To make bathroom tissue flushable, sodium carboxymethyl cellulose (CMC) is added to the pulp. It forms a fiber network with the plant fibers but quickly dissolves in water, breaking the wet toilet paper from the inside and preventing clogging.
Step 3: Making Semi-Finished Paper
In this step, the pulp is sprayed evenly onto a mesh surface through pressurized nozzles, then pressed and dewatered. It is then dried further in a drying cylinder, where the high temperature also sterilizes it. When the moisture content is about 93%, an important step in toilet paper production occurs: creping.
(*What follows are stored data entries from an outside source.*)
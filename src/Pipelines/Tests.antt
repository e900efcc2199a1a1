-- ===== src/Pipelines/Tests.antt =====
-- A pipeline of three stages: a stage is added to it, one is deleted, and a pipeline is deleted.
use pulse_crm.Prelude.{
  ℕ, refl, true, false, List, [], ◌∷◌, arith, count, delete, any, select, find?, update,
}
use pulse_crm.Events.{text, number, record_domain_event, no_events}
use pulse_crm.Models.{admin}
use pulse_crm.Access.{Context}
use pulse_crm.Pipelines.{
  StageType, open_stage, won, Pipeline, Stage, Board, board_event, ensure_pipeline, ensure_stage,
}
use pulse_crm.Pipelines.{clean_resource_name}
use pulse_crm.Pipelines.References.{stage_references}
use pulse_crm.Pipelines.Stages.{StageAppendCreate, by_position, touch, write_stage, create_stage}
use pulse_crm.Pipelines.Deletion.{delete_stage, is_open_of}
use pulse_crm.Pipelines.Placed.{IsPlaced, create_stage-IsPlaced}
use pulse_crm.Pipelines.Kept.{StageDeleted, delete_stage-StageDeleted}
use pulse_crm.Prelude.{strip, is_blank}

abbrev sales : Pipeline
sales = record {
  id = 1;
  workspace_id = 1;
  name = "Sales";
  position = 0;
  is_active = true;
  version = 1;
}

abbrev stage_at : ℕ → ℕ → StageType → Stage
stage_at id position stage_type = record {
  id = id;
  workspace_id = 1;
  pipeline_id = 1;
  name = "Stage";
  color = "#64748B";
  position = position;
  stage_type = stage_type;
  version = 1;
}

abbrev three : List Stage
three = stage_at 12 7 won ∷ stage_at 10 0 open_stage ∷ stage_at 11 4 open_stage ∷ []

abbrev board : Board
board = record {
  pipelines = sales ∷ [];
  stages = three;
  deals = [];
  deal_stage_history = [];
  channel_connections = [];
  notification_rules = [];
  forms = [];
  webhook_endpoints = [];
  external_maps = [];
  journal = no_events;
}

abbrev context : Context
context = record { workspace_id = 1; user_id = 4; role = admin }

abbrev payload : StageAppendCreate
payload = record { name = " Review "; color = "#aabb00" }

create_stage-IsPlaced_example :
    IsPlaced context 1 board (write_stage 20 context sales payload "Review" board)
unfolding create_stage clean_resource_name is_blank strip ensure_pipeline find? by_position select
create_stage-IsPlaced_example =
    create_stage-IsPlaced 20 context 1 payload board
      (write_stage 20 context sales payload "Review" board).1
      (write_stage 20 context sales payload "Review" board).0 refl

abbrev after_deletion : Board
after_deletion = record board {
  pipelines = touch sales ∷ [];
  stages = stage_at 12 7 won ∷ stage_at 10 0 open_stage ∷ [];
  journal =
      record_domain_event
        (board_event "stage.deleted" "stage" context 11
          (("name", text "Stage") ∷ ("pipeline_id", number 1) ∷ []))
        no_events;
}

delete_stage-StageDeleted_example : StageDeleted context 11 1 board after_deletion
unfolding delete_stage ensure_stage find? ensure_pipeline stage_references any count is_open_of
    update delete
delete_stage-StageDeleted_example =
    delete_stage-StageDeleted false context 11 1 board after_deletion
      (
        ((λ e. omega (arith, e)), ((λ e. omega (arith, e)), tt)),
        (((λ e. omega (arith, e)), tt), (tt, tt)),
      )
      refl

abbrev archive : Pipeline
archive = record {
  id = 2;
  workspace_id = 1;
  name = "Old";
  position = 1;
  is_active = true;
  version = 4;
}

abbrev two_pipelines : Board
two_pipelines = record board { pipelines = sales ∷ archive ∷ [] }

abbrev after_archive : Board
after_archive = record board {
  pipelines = sales ∷ [];
  journal =
      record_domain_event
        (board_event "pipeline.deleted" "pipeline" context 2
          (("name", text "Old") ∷ ("stage_count", number 0) ∷ []))
        no_events;
}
The paper sticks to the drying cylinder and slides to the blade, where it is creped into fine wrinkles, like the wrinkles time carves on your face. Wrinkles are essential for toilet paper. The blade can disrupt the bonding between fibers, making them more loosely connected. After creping, the paper’s longitudinal elongation increases eightfold, its thickness triples, and its stiffness decreases by 38%, making the paper more elastic, thicker, more absorbent, and softer.
This process significantly impacts the final quality of the toilet paper. If the blade is not strong and stiff enough, it will frequently cause paper jams. If the paper stays on the blade too long, small wrinkles turn into large wrinkles. Generally, the blade-to-drying cylinder angle is between 18 and 30 degrees.
The cold, hard metal, calculated with precise angles, can create fine and even wrinkles in the paper. Even a slight change can affect the final user experience. The paper produced at this stage is rolled into tissue jumbo rolls, some weighing hundreds of kilograms or even several tons. A 200 kg jumbo roll can supply a family of three for ten years.
Step 4: Finished Product
Single-layer semi-finished paper is too thin to give us a sense of security. So, manufacturers load several tissue mother rolls onto a machine and roll them into multi-layer finished toilet paper. Generally, three to four layers of toilet paper allow you to save paper while preventing your fingers from touching unwanted substances.
To make tearing easier during use, perforated lines are added. Having or not having a core is not a marker of high or low quality; it just suits different usage conditions. Both types are cut into small rolls and packaged for sale.
After this long journey, a pine tree that has weathered the Scandinavian storms finally meets a fast-growing eucalyptus basking in South American sunshine. Through trials of water and fire, they merge completely, becoming white, light, and soft. They embrace each other and walk towards their glorious end together.
This concludes our exploration of toilet paper. We will provide links to related papers and materials at the end for further research. Lastly, there are three points to remind everyone:
Bacterial colonies: The standard for toilet paper is lower than for tissues, so national standards require toilet tissue to be labeled “for toilet use.” Using toilet paper to wipe your mouth is unhygienic.
Dust shedding: Toilet paper should not shed more than 0.5% of its weight, while tissues should not shed at all. Therefore, people with allergic rhinitis should avoid using toilet paper to wipe their noses as it might worsen their condition.
Water-soluble fibers: Unlike toilet paper, tissues do not contain water-soluble fibers, making them more likely to clog toilet paper. If you temporarily use facial tissues instead of toilet paper, it’s best to throw them in the trash.